# [About this task]
Some lines in the material below hold the word "next". Copy all of them.

# [Data records]
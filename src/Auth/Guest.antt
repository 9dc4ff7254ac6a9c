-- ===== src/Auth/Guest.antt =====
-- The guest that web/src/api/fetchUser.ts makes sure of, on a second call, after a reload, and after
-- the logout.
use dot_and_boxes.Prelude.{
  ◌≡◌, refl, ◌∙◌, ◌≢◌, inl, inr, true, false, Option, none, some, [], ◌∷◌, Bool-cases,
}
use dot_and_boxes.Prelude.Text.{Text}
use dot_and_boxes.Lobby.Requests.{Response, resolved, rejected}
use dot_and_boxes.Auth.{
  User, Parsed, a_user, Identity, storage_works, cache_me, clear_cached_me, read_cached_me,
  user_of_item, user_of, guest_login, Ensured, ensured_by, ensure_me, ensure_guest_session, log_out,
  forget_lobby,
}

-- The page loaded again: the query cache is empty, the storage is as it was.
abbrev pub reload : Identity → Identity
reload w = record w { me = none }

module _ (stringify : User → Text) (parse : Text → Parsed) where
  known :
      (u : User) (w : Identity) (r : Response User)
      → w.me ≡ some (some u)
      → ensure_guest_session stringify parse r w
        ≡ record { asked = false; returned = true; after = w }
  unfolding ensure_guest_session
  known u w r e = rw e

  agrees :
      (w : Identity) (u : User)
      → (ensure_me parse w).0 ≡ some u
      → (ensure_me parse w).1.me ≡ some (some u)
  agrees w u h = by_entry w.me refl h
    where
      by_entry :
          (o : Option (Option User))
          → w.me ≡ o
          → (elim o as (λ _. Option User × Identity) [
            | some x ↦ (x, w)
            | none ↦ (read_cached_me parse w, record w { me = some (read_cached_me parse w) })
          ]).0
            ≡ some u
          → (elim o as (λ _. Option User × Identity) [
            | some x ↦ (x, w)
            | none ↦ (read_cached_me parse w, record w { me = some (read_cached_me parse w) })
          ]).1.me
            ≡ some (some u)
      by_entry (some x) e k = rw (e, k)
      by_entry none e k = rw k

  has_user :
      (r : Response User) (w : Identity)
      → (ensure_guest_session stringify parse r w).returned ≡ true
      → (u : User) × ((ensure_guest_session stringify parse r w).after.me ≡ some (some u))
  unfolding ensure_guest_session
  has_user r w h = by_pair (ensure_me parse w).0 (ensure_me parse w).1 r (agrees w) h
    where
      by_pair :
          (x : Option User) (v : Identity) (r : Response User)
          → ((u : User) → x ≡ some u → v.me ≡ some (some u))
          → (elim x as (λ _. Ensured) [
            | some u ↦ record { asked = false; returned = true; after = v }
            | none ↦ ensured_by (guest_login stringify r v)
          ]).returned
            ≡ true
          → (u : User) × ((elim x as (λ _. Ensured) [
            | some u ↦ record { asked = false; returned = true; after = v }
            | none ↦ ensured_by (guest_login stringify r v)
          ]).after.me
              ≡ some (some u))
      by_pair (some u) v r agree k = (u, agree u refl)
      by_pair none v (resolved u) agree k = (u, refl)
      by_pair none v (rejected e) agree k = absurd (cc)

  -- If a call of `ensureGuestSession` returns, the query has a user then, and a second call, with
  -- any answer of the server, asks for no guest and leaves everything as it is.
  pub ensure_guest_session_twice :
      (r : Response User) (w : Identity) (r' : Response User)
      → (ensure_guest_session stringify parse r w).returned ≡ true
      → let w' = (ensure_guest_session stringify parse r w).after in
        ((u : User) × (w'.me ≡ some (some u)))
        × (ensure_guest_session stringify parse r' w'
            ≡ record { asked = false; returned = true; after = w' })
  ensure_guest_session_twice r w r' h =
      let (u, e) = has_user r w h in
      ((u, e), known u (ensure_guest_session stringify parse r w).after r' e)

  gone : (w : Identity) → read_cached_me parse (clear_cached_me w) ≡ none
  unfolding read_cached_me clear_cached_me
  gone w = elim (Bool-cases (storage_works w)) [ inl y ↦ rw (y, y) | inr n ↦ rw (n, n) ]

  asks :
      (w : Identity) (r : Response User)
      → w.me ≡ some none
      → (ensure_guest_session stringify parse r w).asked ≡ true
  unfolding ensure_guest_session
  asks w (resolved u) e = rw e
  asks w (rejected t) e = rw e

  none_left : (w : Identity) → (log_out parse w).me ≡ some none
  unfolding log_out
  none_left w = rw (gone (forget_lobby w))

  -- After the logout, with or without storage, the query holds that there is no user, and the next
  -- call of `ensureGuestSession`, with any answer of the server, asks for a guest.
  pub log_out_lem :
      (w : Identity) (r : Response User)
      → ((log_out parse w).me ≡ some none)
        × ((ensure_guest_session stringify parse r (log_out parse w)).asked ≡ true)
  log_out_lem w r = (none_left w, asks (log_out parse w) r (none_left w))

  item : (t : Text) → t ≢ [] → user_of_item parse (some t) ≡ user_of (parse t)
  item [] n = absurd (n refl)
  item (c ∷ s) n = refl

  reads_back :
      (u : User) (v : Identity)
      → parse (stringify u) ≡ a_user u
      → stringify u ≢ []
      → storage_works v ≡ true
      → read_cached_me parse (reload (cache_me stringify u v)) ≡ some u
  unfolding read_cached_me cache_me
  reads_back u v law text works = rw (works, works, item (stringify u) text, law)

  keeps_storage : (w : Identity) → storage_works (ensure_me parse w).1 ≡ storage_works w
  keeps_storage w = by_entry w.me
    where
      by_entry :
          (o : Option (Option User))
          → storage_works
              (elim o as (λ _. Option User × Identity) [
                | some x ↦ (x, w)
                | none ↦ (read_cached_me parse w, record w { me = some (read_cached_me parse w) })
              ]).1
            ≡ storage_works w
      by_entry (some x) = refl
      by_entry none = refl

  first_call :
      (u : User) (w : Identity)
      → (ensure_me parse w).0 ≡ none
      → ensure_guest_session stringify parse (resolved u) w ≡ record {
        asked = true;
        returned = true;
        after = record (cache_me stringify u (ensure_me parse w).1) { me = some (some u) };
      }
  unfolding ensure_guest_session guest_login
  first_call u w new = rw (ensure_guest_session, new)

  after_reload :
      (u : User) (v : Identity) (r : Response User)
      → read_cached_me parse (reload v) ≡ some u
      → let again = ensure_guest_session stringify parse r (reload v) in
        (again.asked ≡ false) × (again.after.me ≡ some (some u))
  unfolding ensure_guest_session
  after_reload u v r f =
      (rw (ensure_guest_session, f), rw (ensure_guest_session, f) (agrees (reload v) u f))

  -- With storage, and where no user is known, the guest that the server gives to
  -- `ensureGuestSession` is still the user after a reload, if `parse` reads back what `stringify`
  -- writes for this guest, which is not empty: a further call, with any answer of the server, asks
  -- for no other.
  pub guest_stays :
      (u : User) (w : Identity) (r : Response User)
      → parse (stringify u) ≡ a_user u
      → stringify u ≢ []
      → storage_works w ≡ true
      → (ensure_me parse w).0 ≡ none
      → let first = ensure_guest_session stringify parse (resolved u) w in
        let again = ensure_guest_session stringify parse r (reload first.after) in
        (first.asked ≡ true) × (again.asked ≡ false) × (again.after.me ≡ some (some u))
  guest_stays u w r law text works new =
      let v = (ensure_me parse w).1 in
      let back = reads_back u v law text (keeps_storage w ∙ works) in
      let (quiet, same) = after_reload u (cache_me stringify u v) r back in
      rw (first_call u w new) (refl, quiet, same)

* * *

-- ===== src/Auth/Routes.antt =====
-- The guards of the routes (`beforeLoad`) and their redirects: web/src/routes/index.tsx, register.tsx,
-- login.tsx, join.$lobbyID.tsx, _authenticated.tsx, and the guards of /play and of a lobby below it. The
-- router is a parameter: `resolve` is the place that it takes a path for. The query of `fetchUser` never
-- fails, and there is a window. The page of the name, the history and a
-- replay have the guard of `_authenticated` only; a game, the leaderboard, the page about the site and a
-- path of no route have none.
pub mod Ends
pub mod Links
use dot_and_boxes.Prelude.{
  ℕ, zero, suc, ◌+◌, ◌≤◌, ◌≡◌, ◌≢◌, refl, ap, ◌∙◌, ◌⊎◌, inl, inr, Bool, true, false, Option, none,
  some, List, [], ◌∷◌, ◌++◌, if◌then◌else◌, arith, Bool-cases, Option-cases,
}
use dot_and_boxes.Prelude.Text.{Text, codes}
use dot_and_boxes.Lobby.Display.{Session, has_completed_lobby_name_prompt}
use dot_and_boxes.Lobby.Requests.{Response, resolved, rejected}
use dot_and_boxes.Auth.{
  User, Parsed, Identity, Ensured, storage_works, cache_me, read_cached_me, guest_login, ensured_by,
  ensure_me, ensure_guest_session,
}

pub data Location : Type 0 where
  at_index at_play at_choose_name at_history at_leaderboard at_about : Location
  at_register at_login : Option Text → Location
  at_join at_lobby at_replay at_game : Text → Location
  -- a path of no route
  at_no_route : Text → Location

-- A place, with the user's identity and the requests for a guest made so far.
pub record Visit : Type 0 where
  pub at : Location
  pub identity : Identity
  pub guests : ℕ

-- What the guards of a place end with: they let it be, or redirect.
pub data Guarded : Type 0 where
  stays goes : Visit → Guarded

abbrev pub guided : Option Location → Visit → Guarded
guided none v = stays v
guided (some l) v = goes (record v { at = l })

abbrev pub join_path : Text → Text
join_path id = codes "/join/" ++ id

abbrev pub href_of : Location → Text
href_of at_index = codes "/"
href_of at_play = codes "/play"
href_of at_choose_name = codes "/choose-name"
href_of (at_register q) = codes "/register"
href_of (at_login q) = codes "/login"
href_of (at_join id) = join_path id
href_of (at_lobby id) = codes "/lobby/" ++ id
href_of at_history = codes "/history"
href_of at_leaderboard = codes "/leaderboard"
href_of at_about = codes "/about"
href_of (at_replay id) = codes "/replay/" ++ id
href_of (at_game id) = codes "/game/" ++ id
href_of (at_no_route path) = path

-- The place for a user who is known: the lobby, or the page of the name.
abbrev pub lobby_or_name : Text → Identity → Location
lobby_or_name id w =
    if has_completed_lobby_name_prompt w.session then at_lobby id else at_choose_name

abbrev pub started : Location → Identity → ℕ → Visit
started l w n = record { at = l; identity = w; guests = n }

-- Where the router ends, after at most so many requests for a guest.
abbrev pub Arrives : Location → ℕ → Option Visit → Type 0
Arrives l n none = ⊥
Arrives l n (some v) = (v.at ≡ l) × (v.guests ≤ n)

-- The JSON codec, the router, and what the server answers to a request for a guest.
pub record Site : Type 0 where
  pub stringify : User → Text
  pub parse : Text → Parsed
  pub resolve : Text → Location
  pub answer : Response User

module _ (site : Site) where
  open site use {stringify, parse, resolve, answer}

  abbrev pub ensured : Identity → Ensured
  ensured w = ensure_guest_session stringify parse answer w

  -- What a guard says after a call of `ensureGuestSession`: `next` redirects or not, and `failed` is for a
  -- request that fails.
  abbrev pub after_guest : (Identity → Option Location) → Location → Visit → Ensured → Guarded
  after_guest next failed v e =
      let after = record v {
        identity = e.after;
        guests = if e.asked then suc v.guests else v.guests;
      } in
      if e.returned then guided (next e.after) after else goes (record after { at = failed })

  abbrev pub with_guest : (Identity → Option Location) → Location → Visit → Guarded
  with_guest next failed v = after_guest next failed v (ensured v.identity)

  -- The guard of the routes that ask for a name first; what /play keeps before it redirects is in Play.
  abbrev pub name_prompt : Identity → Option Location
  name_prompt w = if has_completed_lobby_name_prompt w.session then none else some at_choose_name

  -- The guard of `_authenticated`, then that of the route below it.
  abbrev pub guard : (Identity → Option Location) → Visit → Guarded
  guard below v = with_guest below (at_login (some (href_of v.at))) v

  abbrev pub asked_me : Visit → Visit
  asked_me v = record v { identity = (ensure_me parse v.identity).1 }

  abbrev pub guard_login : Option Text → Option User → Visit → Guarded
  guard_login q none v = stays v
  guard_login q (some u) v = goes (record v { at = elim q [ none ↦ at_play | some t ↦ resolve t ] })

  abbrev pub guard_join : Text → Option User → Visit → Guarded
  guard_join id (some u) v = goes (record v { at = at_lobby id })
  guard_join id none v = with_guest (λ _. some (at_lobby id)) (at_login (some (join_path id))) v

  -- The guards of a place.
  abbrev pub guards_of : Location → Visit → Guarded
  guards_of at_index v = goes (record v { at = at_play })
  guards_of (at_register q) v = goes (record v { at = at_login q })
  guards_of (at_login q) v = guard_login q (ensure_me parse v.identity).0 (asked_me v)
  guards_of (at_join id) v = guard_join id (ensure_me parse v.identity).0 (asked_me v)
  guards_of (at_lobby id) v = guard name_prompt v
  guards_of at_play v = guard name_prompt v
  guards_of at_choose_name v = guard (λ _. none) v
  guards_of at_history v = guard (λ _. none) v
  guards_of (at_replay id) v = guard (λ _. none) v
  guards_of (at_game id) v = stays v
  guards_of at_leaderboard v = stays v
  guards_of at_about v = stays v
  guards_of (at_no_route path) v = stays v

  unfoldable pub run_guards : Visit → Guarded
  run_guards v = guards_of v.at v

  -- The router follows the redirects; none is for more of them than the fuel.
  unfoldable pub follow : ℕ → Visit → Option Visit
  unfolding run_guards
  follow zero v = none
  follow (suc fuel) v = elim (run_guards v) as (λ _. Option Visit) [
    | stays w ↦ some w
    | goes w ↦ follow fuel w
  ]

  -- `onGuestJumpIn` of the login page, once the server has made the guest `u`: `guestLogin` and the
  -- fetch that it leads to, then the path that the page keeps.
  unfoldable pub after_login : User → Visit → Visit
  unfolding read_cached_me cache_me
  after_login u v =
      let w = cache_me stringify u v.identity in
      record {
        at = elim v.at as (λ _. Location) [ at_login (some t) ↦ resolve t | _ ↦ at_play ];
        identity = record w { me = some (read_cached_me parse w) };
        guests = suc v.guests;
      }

# [Worked solution]
  -- After the logout, with or without storage, the query holds that there is no user, and the next
  -- What a guard says after a call of `ensureGuestSession`: `next` redirects or not, and `failed` is for a
  after_guest next failed v e =
      if e.returned then guided (next e.after) after else goes (record after { at = failed })
  with_guest next failed v = after_guest next failed v (ensured v.identity)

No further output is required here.